Blessed Gerhoh of Reichersberg is venerated in Catholic Church, his feast day is 24 June or 27 June.

==Works==
Gerhoh compiled the Annales Reicherspergenses (Annals of Reichersberg), which cover the years 921–1167. His pupil, Magnus of Reichersberg, continued them down to 1195 and later writers added material down to 1279.

His reformist views and his ecclesiastical policy are set forth in the following works:
- De ædificio Dei seu de studio et cura disciplinæ ecclesiasticæ (P.L., CXCIV, 1187–1336; Ernst Sackur, 136-202)
- Tractatus adversus Simoniacos (P.L., 1335–1372; Sackur, 239–272; see also Jaksch in Mittheilungen des Instituts für österreichische Geschichtsforschung, VI [1885], 254-69)
- Liber epistolaris ad Innocentium II. Pont. Max. de eo quis distet inter clericos sæculares et regulares (P.L., CXCIV, 1375–1420; Sackur, 202-239)
- De novitatibus hujus sæculi ad Adrianum IV Papam (selections in Grisar and in Sackur, 288-304).
- the important work written in 1162, De investigatione Anti-Christi libri III [selections in P.L., CXCIV, 1443–1480; see also Stülz in Archiv für österreichische Geschichte, XXII (1858), 127–188; selections in Scheibelberger, see below; book I complete in Sackur, 304-395]
- De schismate ad cardinales [Mühlbacher in Archiv für österreichische Geschichte, XLVII (1871), 355–382; Sackur, 399-411]
- his last work is the De quarta vigilia noctis [Oesterreichische Vierteljahresschrift für kath. Theologie X (1871), 565–606; Sackur, 503-525].
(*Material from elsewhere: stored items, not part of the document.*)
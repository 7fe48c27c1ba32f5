-- ===== src/Workflow/Sqlite/Reach/States.antt =====
-- `create` and `update` of `SQLiteStateStore` and the primary key of `workflow_states`.
use nl2data_core.Common.{
  then_ok, bind_ok, ok_injective, ℕ, ◌≡◌, refl, sym, ◌∙◌, true, Option, none, some, List, [], ◌∷◌,
  String, ok, raise_if, arith, is_some, subst,
}
use nl2data_core.Workflow.Models.{WorkflowStatus, WorkflowState, scope_ok}
use nl2data_core.Workflow.Snapshot.{Iso}
use nl2data_core.Workflow.Sqlite.{
  StateRow, namespace, select_state, insert_state, update_states, new_row, create, updated_row,
  check_row, update_selected, update,
}
use nl2data_core.Workflow.Sqlite.Batches.{delete, delete_batch, find, IsKeyed}
use nl2data_core.Workflow.Sqlite.Batches as Batches
use nl2data_core.Workflow.Sqlite.Batches.Keyed.{IsKeyed-append, IsKeyed-update}
use nl2data_core.Workflow.Sqlite.Cleanup.{state_namespace, state_id, select_state-find}

-- The statements of the methods as those on any table.
update_states-update :
    (ns id : String) (f : StateRow → StateRow) (rows : List StateRow)
    → update_states ns id f rows ≡ Batches.update state_namespace state_id ns id f rows
unfolding update_states Batches.update
update_states-update ns id f [] = refl
update_states-update ns id f (r ∷ rows) = rw (update_states-update ns id f rows) refl

pub create-IsKeyed :
    (iso : Iso) (now : ℕ) (state : WorkflowState) (rows after : List StateRow)
    → IsKeyed state_namespace state_id rows
    → create iso now state rows ≡ ok after
    → IsKeyed state_namespace state_id after
unfolding create insert_state
create-IsKeyed iso now state rows after u h =
    let (ns, _, inserted) =
      bind_ok (namespace state.tenant_scope_fingerprint)
        (λ ns. insert_state (new_row iso now state ns) rows) after h in
    let (free, made) =
      then_ok (raise_if (is_some (select_state ns state.workflow_id rows)) _) _ after inserted in
    subst (IsKeyed state_namespace state_id) (ok_injective _ refl made) (
      IsKeyed-append state_namespace state_id rows (new_row iso now state ns) u
        (sym (select_state-find ns state.workflow_id rows) ∙ ground (arith, free)))

pub update-IsKeyed :
    (iso : Iso) (now : ℕ) (id : String) (expected : WorkflowStatus) (state : WorkflowState)
    (version : Option ℕ) (scope : Option String) (rows after : List StateRow)
    → IsKeyed state_namespace state_id rows
    → update iso now id expected state version scope rows ≡ ok after
    → IsKeyed state_namespace state_id after
unfolding update update_selected
update-IsKeyed iso now id expected state version scope rows after u h =
    let (ns, _, done) =
      bind_ok (namespace scope)
        (λ ns. update_selected iso now id expected state version ns (select_state ns id rows) rows)
        after h in
    written ns (select_state ns id rows) done
  where
    written :
        (ns : String) (o : Option StateRow)
        → update_selected iso now id expected state version ns o rows ≡ ok after
        → IsKeyed state_namespace state_id after
    written ns none d = cc
    written ns (some r) d =
        let (_, made) = then_ok (check_row iso id r expected state version) _ after d in
        subst (IsKeyed state_namespace state_id)
          (sym (update_states-update ns id (updated_row iso now state) rows)
            ∙ ok_injective _ refl made)
          (IsKeyed-update state_namespace state_id (updated_row iso now state) (λ x. refl)
            (λ x. refl) ns id rows u)

pub scope_ok-of_namespace :
    (scope : Option String) (ns : String) → namespace scope ≡ ok ns → scope_ok scope ≡ true
unfolding scope_ok
scope_ok-of_namespace none ns h = refl
scope_ok-of_namespace (some fingerprint) ns h = ground (arith, h)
His principal work was Commentarius in Psalmos (P.L., CXCIII, 619–1814; CXCIV, 1-1066). Despite its unfinished state, it contains various material of historical interest. This is particularly true of his commentary on Ps. lxiv, that appeared separately as Liber de corrupto Ecclesiæ statu ad Eugenium III Papam (P.L., CXCIV, 9-120); Sackur, 439-92).

There are also a number of polemical works and letters against the Christological views of Abelard, Gilbert de la Porrée, and Bishop Eberhard of Bamberg; others deal with the errors of Folmar, Provost of Triefenstein, on the subject of the Holy Eucharist.

The genuineness of the Vitæ beatorum abbatum Formbacensium Berengeri et Wirntonis, O.S.B., generally ascribed to Gerhoh, is denied by Wattenbach. The Migne edition of Gerhoh's works is faulty and incomplete. Those of his writings which are of importance for the study of the history of that period were edited by Sackur in the Monumenta Germaniæ Historica: Libelli de lite imperatorum et pontificum, III (Hanover, 1897), 131–525; also by Scheibelberger, Gerhohi Opera adhuc inedita (Linz, 1875).